### Task objective
Within the records, determine how many lines contain the word "bytes". Your reply must consist of that number only.

_ _ _

-- ===== src/System/Waits.antt =====
-- Waits and wake-ups of task.c as moves of the table of tasks.
use just_rt.Common.{true, ℕ, ◌≤◌, ◌≢◌, ◌==◌, ◌!=◌, ◌&&◌, if_intro}
use just_rt.System.Moves.{Calm-Moves, Yields-Moves, end_wait-Calm, begin_wait-Yields}
use just_rt.Kernel.{Kernel, Counters, request_switch}
use just_rt.Kernel.WaitKind
use just_rt.Wait.{
  Deadline, outcome_kernel, block_until_locked, expired, wake_get_id, wake, wake_select,
}
use just_rt.System.State.{idle_index, Plain, Plain-refl, Plain-trans, tasks-Plain, others-Plain}

pub wake_get_id-Plain :
    (k : Kernel) (object wait_kind : ℕ) → Plain k (wake_get_id k object wait_kind).0
unfolding wake_get_id
wake_get_id-Plain k object wait_kind =
    if_intro (λ (o : Kernel × ℕ). Plain k o.0) (wake_select k object wait_kind != k.task_count)
      (λ _.
        let q = wake_select k object wait_kind in
        tasks-Plain k _ (Calm-Moves (idle_index k) k.tasks q _ (end_wait-Calm (k.tasks q) 1)))
      (λ _. Plain-refl k)

pub wake-Plain : (k : Kernel) (object wait_kind : ℕ) → Plain k (wake k object wait_kind).0
unfolding wake
wake-Plain k object wait_kind = wake_get_id-Plain k object wait_kind

-- The current task blocks, or returns at once.
pub block_until_locked-Plain :
    (k : Kernel) (object wait_kind : ℕ) (d : Deadline)
    → k.current ≢ idle_index k
    → object ≢ 0
    → wait_kind ≢ WaitKind.idle
    → wait_kind ≤ WaitKind.timer_service
    → Plain k (outcome_kernel (block_until_locked k object wait_kind d))
unfolding block_until_locked
block_until_locked-Plain k object wait_kind d hi ho hk hl =
    if_intro (λ o. Plain k (outcome_kernel o)) ((d.forever == 0) && expired k.ticks d.start d.tick)
      (λ _. Plain-refl k)
      (λ _.
        Plain-trans
          (tasks-Plain k _ (
            Yields-Moves (idle_index k) k.tasks k.current _ hi
              (begin_wait-Yields (k.tasks k.current) object wait_kind d ho hk hl)))
          (others-Plain _ true k.bytes k.semaphores k.queues k.event_groups k.counters))

-- The misuse counters, and PendSV.
pub counted-Plain : (k : Kernel) (counters : Counters) → Plain k (record k { counters = counters })
counted-Plain k counters =
    others-Plain k k.switch_pending k.bytes k.semaphores k.queues k.event_groups counters

pub request_switch-Plain : (k : Kernel) → Plain k (request_switch k)
request_switch-Plain k = others-Plain k true k.bytes k.semaphores k.queues k.event_groups k.counters
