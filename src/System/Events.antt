-- ===== src/System/Events.antt =====
-- Event groups of task.c keep the state of the whole kernel.
use just_rt.Common.{
  ℕ, zero, suc, ◌+◌, ◌≢◌, Bool, true, not, ◌&&◌, ◌||◌, ◌==◌, ◌!=◌, if_intro, arith, if◌then◌else◌,
}
use just_rt.Kernel.{Task, Kernel, current_task}
use just_rt.Kernel.WaitKind
use just_rt.Wait.{Outcome, begin_wait, wait_deadline}
use just_rt.Service.EventGroup.{
  create, set_bits, wait_bits, wait_bits_resume, event_condition, satisfied, event_wait, wake_scan,
}
use just_rt.System.Moves.{
  Yields, Moves, Moves-refl, Moves-trans, Calm-Moves, Yields-Moves, end_wait-Calm,
  begin_wait-Yields,
}
use just_rt.System.State.{
  idle_index, Plain, PlainOutcome, Plain-refl, Plain-trans, others-Plain, tasks-Plain,
}
use just_rt.System.Waits.{request_switch-Plain}

wake_scan-Moves :
    (idle group bits rounds : ℕ) (tasks : ℕ → Task) (index : ℕ)
    → Moves idle tasks (wake_scan group bits rounds tasks index)
unfolding wake_scan
wake_scan-Moves idle group bits zero tasks index = Moves-refl idle tasks
wake_scan-Moves idle group bits (suc rounds) tasks index =
    Moves-trans
      (if_intro (Moves idle tasks) (satisfied group bits (tasks index))
        (λ _. Calm-Moves idle tasks index _ (end_wait-Calm (tasks index) 1))
        (λ _. Moves-refl idle tasks))
      (wake_scan-Moves idle group bits rounds _ (index + 1))

pub create-Plain : (k : Kernel) (group : ℕ) → Plain k (create k group)
unfolding create
create-Plain k group = others-Plain k k.switch_pending k.bytes k.semaphores k.queues _ k.counters

-- `event_group_set_bits_common`
pub set_bits-Plain :
    (from_isr : Bool) (k : Kernel) (group bits : ℕ) → Plain k (set_bits from_isr k group bits).0
unfolding set_bits
set_bits-Plain from_isr k group bits =
    if_intro (λ (o : Kernel × ℕ). Plain k o.0)
      ((group == 0) || (if from_isr then not k.in_isr else k.in_isr)) (λ _. Plain-refl k)
      (λ _.
        Plain-trans
          (tasks-Plain k _ (wake_scan-Moves (idle_index k) group _ k.task_count k.tasks 0))
          (others-Plain _ true k.bytes k.semaphores k.queues _ k.counters))

-- `JRT_EventGroupWaitBits`
pub wait_bits-Plain :
    (k : Kernel) (group bits wait_all clear_on_exit timeout : ℕ)
    → k.current ≢ idle_index k
    → PlainOutcome k (wait_bits k group bits wait_all clear_on_exit timeout)
unfolding wait_bits event_wait
wait_bits-Plain k group bits wait_all clear_on_exit timeout hi =
    if_intro P ((group == 0) || (bits == 0) || k.in_isr) (λ _. Plain-refl k)
      (λ valid.
        if_intro P (event_condition (k.event_groups group) bits (if wait_all != 0 then 1 else 0))
          (λ _.
            if_intro (Plain k) (clear_on_exit != 0)
              (λ _. others-Plain k k.switch_pending k.bytes k.semaphores k.queues _ k.counters)
              (λ _. Plain-refl k))
          (λ _.
            if_intro P (timeout == 0) (λ _. Plain-refl k)
              (λ _.
                Plain-trans
                  (tasks-Plain k _ (
                    Yields-Moves (idle_index k) k.tasks k.current _ hi
                      (waiting-Yields (ground (arith, valid)))))
                  (request_switch-Plain _))))
  where
    P : Outcome → Type 0
    P o = PlainOutcome k o

    waiting-Yields :
        group ≢ 0
        → Yields (current_task k) (
            begin_wait
              (event_wait (current_task k) bits wait_all clear_on_exit)
              group
              WaitKind.event_group
              (wait_deadline k timeout))
    waiting-Yields hg =
        let w =
          begin_wait-Yields (event_wait (current_task k) bits wait_all clear_on_exit) group
            WaitKind.event_group (wait_deadline k timeout) hg (omega arith) (omega arith) in
        record {
          keeps = λ v. w.keeps (ground (arith, v));
          region = w.region;
          starts = λ e. w.starts e;
        }

pub wait_bits_resume-Plain :
    (k : Kernel) (group bits : ℕ) → Plain k (wait_bits_resume k group bits).0
unfolding wait_bits_resume
wait_bits_resume-Plain k group bits =
    if_intro (Plain k)
      (event_condition (k.event_groups group) bits (current_task k).event_wait_all
        && ((current_task k).event_clear_on_exit != 0))
      (λ _. others-Plain k k.switch_pending k.bytes k.semaphores k.queues _ k.counters)
      (λ _. Plain-refl k)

_ _ _

### Answer to the exercise
7